Seit dem Wegfall der Gitter an den Strandkörben vor zwei Jahren wurden folgende Zahlen an Schwarzsitzern registriert: 2017 waren es 115, die 1.125 Euro nachzuzahlen hatten, im Jahr 2018 waren es 101 mit 10.20 Euro, und heuer gab es bis dato 20 Schwarzsitzer.

 

Dann wurden noch die aktuellen Zahlen vorgestellt:

Im vergangenen Jahr haben fast 80.000 Gäste die Insel besucht und beinahe 500.000 Übernachtungen generiert. An Kurbeitrag kamen rund 1,3 Mio Euro zusammen.

Im laufenden Jahr sind bereits über 32.000 Urlauber zur Insel gekommen, 173.000 Übernachtungen gab es. Ins Kurbeitragssäckel flossen im ersten Halbjahr rund 450.000 Euro.
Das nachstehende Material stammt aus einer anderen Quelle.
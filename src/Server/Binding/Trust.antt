-- ===== src/Server/Binding/Trust.antt =====
-- internal/server/auth.go, `bind` and `unbind`: the cookie of a sign-in, made and taken back.
use lab_gate.Prelude.{
  ℕ, ◌^◌, ◌≤◌, ◌<◌, leb, Text, List, [], ◌∷◌, ◌++◌, Option, none, some, some-injective, Bool, true,
  false, not, ◌||◌, ◌==◌, ==_iff, ==_self, text_eq, nat_eq, if◌then◌else◌, split, join, split-join,
  join-split, join-append, All, print, print_are_digits, print-ne-nil, value-print, value, atoi,
  length, Lacks, all, is_digit, ◌≡◌, refl, sym, ap, ◌∙◌, arith,
}
use lab_gate.Server.Request.{equal, equal-eq}
use lab_gate.Server.Binding.{parse_int, is_later, bound, bind, has_mac, unbind_fields, unbind}

pub digits-Lacks_dot : (s : Text) → all is_digit s ≡ true → Lacks 46 s
unfolding nat_eq
digits-Lacks_dot [] h = refl
digits-Lacks_dot (c ∷ s) h = ground (arith, digits-Lacks_dot s)

equal_self : (s : Text) → 1 ≤ length s → equal s s ≡ true
unfolding equal
equal_self [] h = absurd (omega (arith, h))
equal_self (c ∷ s) h = ==_self (c ∷ s)

not_empty : (s : Text) → 1 ≤ length s → (s == []) ≡ false
not_empty [] h = absurd (omega (arith, h))
not_empty (c ∷ s) h = ground arith

parse_int-print : (n : ℕ) → n < 2 ^ 63 → parse_int (print n) ≡ some n
unfolding parse_int
parse_int-print n small = go (print n) (print-ne-nil n) (print_are_digits n) (value-print n)
  where
    go : (s : Text) → 1 ≤ length s → all is_digit s ≡ true → value s ≡ n → atoi s ≡ some n
    go [] le h e = absurd (omega (arith, le))
    go (c ∷ s) le h e = ground (arith, h, e, small)

unguarded :
    {A : Type 0} (b : Bool) (r : Option A) (x : A)
    → (if b then none else r) ≡ some x
    → (b ≡ false) × (r ≡ some x)
unguarded true r x h = cc
unguarded false r x h = (refl, h)

module _ (mac encode : Text → Text) (decode : Text → Option Text) where
  -- A cookie of a state, a nonce and a verifier, with an expiry that is to come and a tag that is
  -- the MAC of the four.
  pub record IsOurs (now : ℕ) (cookie state nonce verifier : Text) : Type 0 where
    until : Text
    tag : Text
    whole : cookie ≡ join b'.' (state ∷ nonce ∷ verifier ∷ until ∷ tag ∷ [])
    signed : decode tag ≡ some (mac (join b'.' (state ∷ nonce ∷ verifier ∷ until ∷ [])))
    fresh : is_later now (parse_int until) ≡ true

  signed_by :
      (tag : Option Text) (v : Text) → has_mac mac encode decode tag v ≡ true → tag ≡ some (mac v)
  signed_by none v h = cc
  signed_by (some t) v h = ap some ((==_iff _ _).0 h)

  fields-IsOurs :
      (now : ℕ) (cookie state nonce verifier : Text) (fields : List Text)
      → join b'.' fields ≡ cookie
      → unbind_fields mac encode decode now state fields ≡ some (nonce, verifier)
      → IsOurs now cookie state nonce verifier
  unfolding unbind_fields
  fields-IsOurs now cookie state nonce verifier [] w h = cc
  fields-IsOurs now cookie state nonce verifier (a ∷ []) w h = cc
  fields-IsOurs now cookie state nonce verifier (a ∷ b ∷ []) w h = cc
  fields-IsOurs now cookie state nonce verifier (a ∷ b ∷ c ∷ []) w h = cc
  fields-IsOurs now cookie state nonce verifier (a ∷ b ∷ c ∷ d ∷ []) w h = cc
  fields-IsOurs now cookie state nonce verifier (a ∷ b ∷ c ∷ d ∷ e ∷ f ∷ more) w h = cc
  fields-IsOurs now cookie state nonce verifier (s ∷ n ∷ v ∷ until ∷ tag ∷ []) w h =
      let (named, h') =
        unguarded (n == [] || v == [] || not (equal s state)) _ (nonce, verifier) h in
      let (late, h'') = unguarded (not (is_later now (parse_int until))) _ (nonce, verifier) h' in
      let (forged, same) =
        unguarded
          (not (has_mac mac encode decode (decode tag) (join b'.' (s ∷ n ∷ v ∷ until ∷ [])))) _
          (nonce, verifier) h'' in
      let states : s ≡ state = equal-eq s state (ground (arith, named)) in
      let parts : ◌≡◌ {A = Text × Text} (n, v) (nonce, verifier) = some-injective _ _ same in
      let ns : n ≡ nonce = ap (λ (x : Text × Text). x.0) parts in
      let vs : v ≡ verifier = ap (λ (x : Text × Text). x.1) parts in
      let four : s ∷ n ∷ v ∷ until ∷ [] ≡ state ∷ nonce ∷ verifier ∷ until ∷ [] =
        cc (states, ns, vs) in
      record {
        until = until;
        tag = tag;
        whole = sym w ∙ ap (λ fs. join b'.' (fs ++ tag ∷ [])) four;
        signed =
            signed_by (decode tag) _ (ground (arith, forged))
            ∙ ap (λ fs. some (mac (join b'.' fs))) four;
        fresh = ground (arith, late);
      }

  -- A cookie that is taken for a state is that state with the nonce and the verifier that are
  -- returned and an expiry that is to come, under a tag that decodes to the MAC of these four.
  pub unbind-IsOurs :
      (now : ℕ) (cookie state nonce verifier : Text)
      → unbind mac encode decode now cookie state ≡ some (nonce, verifier)
      → IsOurs now cookie state nonce verifier
  unfolding unbind
  unbind-IsOurs now cookie state nonce verifier h =
      fields-IsOurs now cookie state nonce verifier (split b'.' cookie) (join-split b'.' cookie) h

  taken :
      (state nonce verifier : Text) (now expires : ℕ)
      → ((v : Text) → decode (encode v) ≡ some v)
      → All (λ s. 1 ≤ length s) (state ∷ nonce ∷ verifier ∷ [])
      → now < expires
      → expires < 2 ^ 63
      → unbind_fields mac encode decode now state (
          state
          ∷ nonce
          ∷ verifier
          ∷ print expires
          ∷ encode (mac (bound mac encode decode state nonce verifier expires))
          ∷ [])
        ≡ some (nonce, verifier)
  unfolding unbind_fields
  taken state nonce verifier now expires inverse (a, (b, (c, _))) later small =
      let fresh : leb expires now ≡ false = ground arith in
      rw
        (
          equal_self state a,
          not_empty nonce b,
          not_empty verifier c,
          parse_int-print expires small,
          fresh,
          inverse (mac (bound mac encode decode state nonce verifier expires)),
          ==_self (mac (bound mac encode decode state nonce verifier expires)),
        )
        refl

  -- A cookie is taken back, before it expires and for its own state, with the nonce and the verifier
  -- it was made of, when none of the three is empty or holds a dot, base64 writes no dot and is
  -- decoded to what was encoded.
  pub unbind-bind :
      (state nonce verifier : Text) (now expires : ℕ)
      → ((v : Text) → Lacks b'.' (encode v))
      → ((v : Text) → decode (encode v) ≡ some v)
      → All (Lacks b'.') (state ∷ nonce ∷ verifier ∷ [])
      → All (λ s. 1 ≤ length s) (state ∷ nonce ∷ verifier ∷ [])
      → now < expires
      → expires < 2 ^ 63
      → unbind mac encode decode now (bind mac encode decode state nonce verifier expires) state
        ≡ some (nonce, verifier)
  unfolding unbind
  unbind-bind state nonce verifier now expires plain inverse (sl, (nl, (vl, _))) lengths later
        small =
      let v = bound mac encode decode state nonce verifier expires in
      let tag : Text = encode (mac v) in
      let whole : bind mac encode decode state nonce verifier expires
          ≡ join b'.' (state ∷ nonce ∷ verifier ∷ print expires ∷ tag ∷ []) =
        unfold bind in
        join-append b'.' state (nonce ∷ verifier ∷ print expires ∷ [])
          (encode (mac (bound mac encode decode state nonce verifier expires))) in
      let fields : split b'.' (bind mac encode decode state nonce verifier expires)
          ≡ state ∷ nonce ∷ verifier ∷ print expires ∷ tag ∷ [] =
        ap (split b'.') whole
        ∙ split-join b'.' state (nonce ∷ verifier ∷ print expires ∷ tag ∷ []) (
          sl,
          (
            nl,
            (
              vl,
              (digits-Lacks_dot (print expires) (print_are_digits expires), (plain (mac v), tt)),
            ),
          ),
        ) in
      rw fields (taken state nonce verifier now expires inverse lengths later small)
Dies entspräche einem Plus von 40 Prozent an Gästen und 35 Prozent an Übernachtungen gegenüber der vor 2013 bei Einführung des neuen Kurbeitragssystems registrierten Zahlen, verkündete Kurdirektor Tuitjer. Damals hätte das Kurbeitragsaufkommen bei rund 850.000 Euro im Jahr gelegen.

 

 

Ab 21. Juli sind alle Strandkörbe ausgebucht, wusste Tuitjer noch zu berichten. Wetterabhängig würde er für Spontansitzer gerne noch weitere Strandkörbe vorhalten können, also anschaffen wollen. Die Hochsaison sei sehr stark frequentiert –  allerdings falle es außerhalb sehr ab, so das Fazit.

 

Dieses war Punkt 5, der Bericht des Bürgermeisters.